Potassium (K) together with nitrogen (N) and phosphorus (P) are considered the three most important macronutrients in plant nutrition. However, studies focusing on K dynamics at the soil-plant interface have received much less scientific attention (from agronomy to soil and environmental sciences) than the other two in the trio (N and P), at least since the 1980s. The reasons for the lower interest in the “forgotten nutrient”, as Öborn et al. (2005) have nicknamed K, are multiple and remain unclear (from generous global and native soils reserves to a - possibly - less determinant role in plant physiology and crop yield). Nevertheless, the cycle of K’s marginality seems to be ending based on recent relevant contributions such as the present study. Another example is the book “Improving Potassium Recommendations for Agricultural Crops” (Murrell et al., eds.), also published in 2021, which marks 35 years after “the last major scientific book on potassium (K) in agriculture” (p. vii).

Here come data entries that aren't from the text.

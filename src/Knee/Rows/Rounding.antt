-- ===== src/Knee/Rows/Rounding.antt =====
-- sweep/mkcharts.py: the mean of a column, rounded to an int.
use raft_tests.Prelude.{
  ℕ, suc, ◌+◌, ◌*◌, ◌/◌, ◌%◌, ◌≤◌, ◌<◌, ◌≡◌, inl, inr, List, [], ◌∷◌, arith, String, ok,
  Result-cases, length, All, string_eq, option_eq, pair_eq, nat_eq, int_eq, ℤ, pos, negsuc,
  pos_part, neg_part, ◌+ℤ◌, ◌≤ℤ◌, +ℤ_parts,
}
use native.Mathlib.Nat.{mul-le-mul, le_refl, div-add-mod, mod-lt, lt_of_mul-lt-mul_right}
use native.Mathlib.Decide.{dec_le}
use raft_tests.Python.Dict.{lookup}
use raft_tests.Knee.Rows.{Entry, round_ℕ, round_div, sum_column}

-- The rounded quotient is an integer nearest to the exact one: it is off by half of the divisor at most.
round_ℕ_nearest :
    (a n : ℕ) → 0 < n → (2 * a ≤ 2 * (round_ℕ a n * n) + n) × (2 * (round_ℕ a n * n) ≤ 2 * a + n)
unfolding round_ℕ
round_ℕ_nearest a n h = grind arith

-- The quotient, if it and the remainder are known.
le_of_mul-lt : (x y n : ℕ) → x * n < (y + 1) * n → x ≤ y
le_of_mul-lt x y n h = elim (dec_le x y) [
  | yes p ↦ p
  | no p ↦
      let more : y + 1 ≤ x = omega arith in
      let scaled : (y + 1) * n ≤ x * n = mul-le-mul more (le_refl n) in absurd (omega arith)
]

-- A quotient lies between the bounds of all the numbers that are added up.
round_ℕ_bounds :
    (a n lo hi : ℕ) → 0 < n → lo * n ≤ a → a ≤ hi * n → (lo ≤ round_ℕ a n) × (round_ℕ a n ≤ hi)
unfolding round_ℕ
round_ℕ_bounds a n lo hi h l u =
    let whole = div-add-mod a n in
    let small = mod-lt a h in
    let low : lo ≤ a / n = le_of_mul-lt lo (a / n) n (omega arith) in
    let high : a / n ≤ hi = le_of_mul-lt (a / n) hi n (omega arith) in
    let rest : 0 < a % n → a / n < hi = λ r. lt_of_mul-lt-mul_right n (omega arith) in
    ground (arith, rest)

-- n times x is at most s, and the other way round.
abbrev pub ScaledLe : ℕ → ℤ → ℤ → Type 0
ScaledLe n x s = pos_part x * n + neg_part s ≤ pos_part s + neg_part x * n

abbrev pub LeScaled : ℤ → ℕ → ℤ → Type 0
LeScaled s n x = pos_part s + neg_part x * n ≤ pos_part x * n + neg_part s

pub round_div_bounds :
    (s : ℤ) (n : ℕ) (lo hi : ℤ)
    → 0 < n
    → ScaledLe n lo s
    → LeScaled s n hi
    → (lo ≤ℤ round_div s n) × (round_div s n ≤ℤ hi)
unfolding round_div
round_div_bounds (pos a) n (pos l) (pos m) h low high = ground (arith, round_ℕ_bounds a n l m h)
round_div_bounds (pos a) n (negsuc l) (pos m) h low high = ground (arith, round_ℕ_bounds a n 0 m h)
round_div_bounds (pos a) n lo (negsuc m) h low high = absurd (grind arith)
round_div_bounds (negsuc a) n (pos l) hi h low high = absurd (omega arith)
round_div_bounds (negsuc a) n (negsuc l) (pos m) h low high =
    ground (arith, round_ℕ_bounds (suc a) n 0 (suc l) h)
round_div_bounds (negsuc a) n (negsuc l) (negsuc m) h low high =
    ground (arith, round_ℕ_bounds (suc a) n (suc m) (suc l) h)

-- The sum of a column whose values lie between two bounds.
pub sum_column_bounds :
    (k : String) (lo hi : ℤ) (reps : List Entry) {s : ℤ}
    → sum_column k reps ≡ ok s
    → All (λ x. (v : ℤ) → lookup k x ≡ ok v → (lo ≤ℤ v) × (v ≤ℤ hi)) reps
    → ScaledLe (length reps) lo s × LeScaled s (length reps) hi
unfolding sum_column
sum_column_bounds k lo hi [] {s} h _ =
    let zero_sum : pos 0 ≡ s = ground arith in rw (← zero_sum) (omega arith)
sum_column_bounds k lo hi (x ∷ reps) {s} h (b, bs) = elim (Result-cases (lookup k x)) [
  | inr (e, fails) ↦ absurd (ground arith)
  | inl (v, found) ↦ elim (Result-cases (sum_column k reps)) [
    | inr (e, fails) ↦ absurd (ground arith)
    | inl (t, summed) ↦
        let total : v +ℤ t ≡ s = ground arith in
        let within = b v found in
        let rest = sum_column_bounds k lo hi reps summed bs in
        let parts = +ℤ_parts v t in rw (← total) (omega arith)
  ]
]
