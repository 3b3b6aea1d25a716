-- ===== src/Knee/Rows/Mean.antt =====
-- sweep/mkcharts.py: the averages of a rate's repeats.
use raft_tests.Prelude.{
  ◌≡◌, refl, ◌≢◌, inl, inr, true, some, List, [], ◌∷◌, arith, ◌==◌, contains, String, ok,
  Result-cases, Bool-cases, Option-cases, length, All, string_eq, option_eq, pair_eq, nat_eq,
  int_eq, ℤ, ◌≤ℤ◌, ≤ℤ_antisymm,
}
use text.Mathlib.TextEquality.{eq_iff}
use raft_tests.Python.Dict.{get, lookup, keys, get-cons, get-cons_cases, contains-keys}
use raft_tests.Python.Csv.{Cell, Row, int_cell}
use raft_tests.Knee.Rows.{Entry, key_of, numbers, round_div, sum_column, means, average}
use raft_tests.Knee.Rows.Rounding.{round_div_bounds, sum_column_bounds}

numbers-get :
    (k : String) (r : Row) {cell : Cell} {n : ℤ}
    → k ≢ "product"
    → get k r ≡ some cell
    → int_cell cell ≡ ok n
    → get k (numbers r) ≡ some n
unfolding get numbers
numbers-get k [] other h i = cc
numbers-get k ((j, v) ∷ r) {cell = cell} {n = n} other h i =
    ground (arith, numbers-get k r {cell = cell} {n = n} other)

rate≢product : ◌≢◌ {A = String} "rate" "product"
rate≢product = ground (arith, eq_iff "rate" "product")

-- The numbers that are kept of a row hold the rate of its key.
pub numbers-rate :
    (r : Row) {p : Cell} {n : ℤ} → key_of r ≡ ok (p, n) → get "rate" (numbers r) ≡ some n
unfolding key_of lookup
numbers-rate r {n = n} h = elim (Option-cases (get "rate" r)) [
  | inl e ↦ absurd (ground arith)
  | inr (cell, e) ↦ numbers-get "rate" r {cell = cell} {n = n} rate≢product e (ground arith)
]

means-get :
    (k : String) (ks : List String) (reps : List Entry) {e : Entry} {v : ℤ}
    → means ks reps ≡ ok e
    → get k e ≡ some v
    → (s : ℤ) × (sum_column k reps ≡ ok s) × (round_div s (length reps) ≡ v)
unfolding means
means-get k [] reps {e} {v} h g =
    let empty : [] ≡ e = ground arith in absurd (unfold get in ground arith)
means-get k (j ∷ ks) reps {e} {v} h g = elim (Result-cases (sum_column j reps)) [
  | inr (x, fails) ↦ absurd (ground arith)
  | inl (s, summed) ↦ elim (Result-cases (means ks reps)) [
    | inr (x, fails) ↦ absurd (ground arith)
    | inl (e', rest) ↦
        let whole : (j, round_div s (length reps)) ∷ e' ≡ e = ground arith in
        elim (get-cons_cases j k (round_div s (length reps)) e' {w = v} (rw whole g)) [
          | inl (same, value) ↦ (s, rw (← same) summed, value)
          | inr (differ, later) ↦ means-get k ks reps rest later
        ]
  ]
]

means-has :
    (k : String) (ks : List String) (reps : List Entry) {e : Entry}
    → means ks reps ≡ ok e
    → contains ks k ≡ true
    → (v : ℤ) × (get k e ≡ some v)
unfolding means
means-has k [] reps h m = cc
means-has k (j ∷ ks) reps {e} h m = elim (Result-cases (sum_column j reps)) [
  | inr (x, fails) ↦ absurd (ground arith)
  | inl (s, summed) ↦ elim (Result-cases (means ks reps)) [
    | inr (x, fails) ↦ absurd (ground arith)
    | inl (e', rest) ↦
        let mean = round_div s (length reps) in
        let whole : (j, mean) ∷ e' ≡ e = ground arith in
        elim (Bool-cases (j == k)) [
          | inl same ↦ (mean, rw (← whole, get-cons j k mean e', same) refl)
          | inr differ ↦
              let (v, later) = means-has k ks reps rest (ground arith) in
              (v, rw (← whole, get-cons j k mean e', differ) later)
        ]
  ]
]

same_rates :
    (n : ℤ) (reps : List Entry)
    → All (λ x. get "rate" x ≡ some n) reps
    → All (λ x. (w : ℤ) → lookup "rate" x ≡ ok w → (n ≤ℤ w) × (w ≤ℤ n)) reps
unfolding lookup
same_rates n [] _ = tt
same_rates n (x ∷ reps) (b, bs) = ((λ w h. ground arith), same_rates n reps bs)

-- The mean of a column lies between any two bounds that all the repeats keep.
pub average_bounds :
    (reps : List Entry) (k : String) (lo hi : ℤ) {e : Entry} {v : ℤ}
    → average reps ≡ ok e
    → get k e ≡ some v
    → All (λ x. (w : ℤ) → lookup k x ≡ ok w → (lo ≤ℤ w) × (w ≤ℤ hi)) reps
    → (lo ≤ℤ v) × (v ≤ℤ hi)
unfolding average
average_bounds [] k lo hi h g b = cc
average_bounds (x ∷ reps) k lo hi {e} {v} h g b =
    let (s, summed, rounded) = means-get k (keys x) (x ∷ reps) h g in
    let (low, high) = sum_column_bounds k lo hi (x ∷ reps) summed b in
    rw (← rounded) (round_div_bounds s (length (x ∷ reps)) lo hi (omega arith) low high)

-- The mean of one and the same rate is that rate.
pub average-rate :
    (reps : List Entry) (n : ℤ) {e : Entry}
    → average reps ≡ ok e
    → All (λ x. get "rate" x ≡ some n) reps
    → get "rate" e ≡ some n
unfolding average
average-rate [] n h b = cc
average-rate (x ∷ reps) n {e} h (b, bs) =
    let (v, found) = means-has "rate" (keys x) (x ∷ reps) h (contains-keys "rate" x b) in
    let (low, high) =
      average_bounds (x ∷ reps) "rate" n n h found (same_rates n (x ∷ reps) (b, bs)) in
    rw (≤ℤ_antisymm n v low high) found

This renewed attention appears to stem from persistent negative K budgets reported in many agricultural systems around the world, suggesting widespread K depletion in soils under long-standing cultivation (Öborn et al. 2005; Rengel et al. 2008; Wang et al. 2008; Bell et al. 2021). As well specified by Rengel et al. (2008: 625), “although global K reserves are likely to be sufficient for hundreds (...) of years of agriculture, the profitability of agricultural production on marginal soils will increasingly rely on the efficient use of K”. 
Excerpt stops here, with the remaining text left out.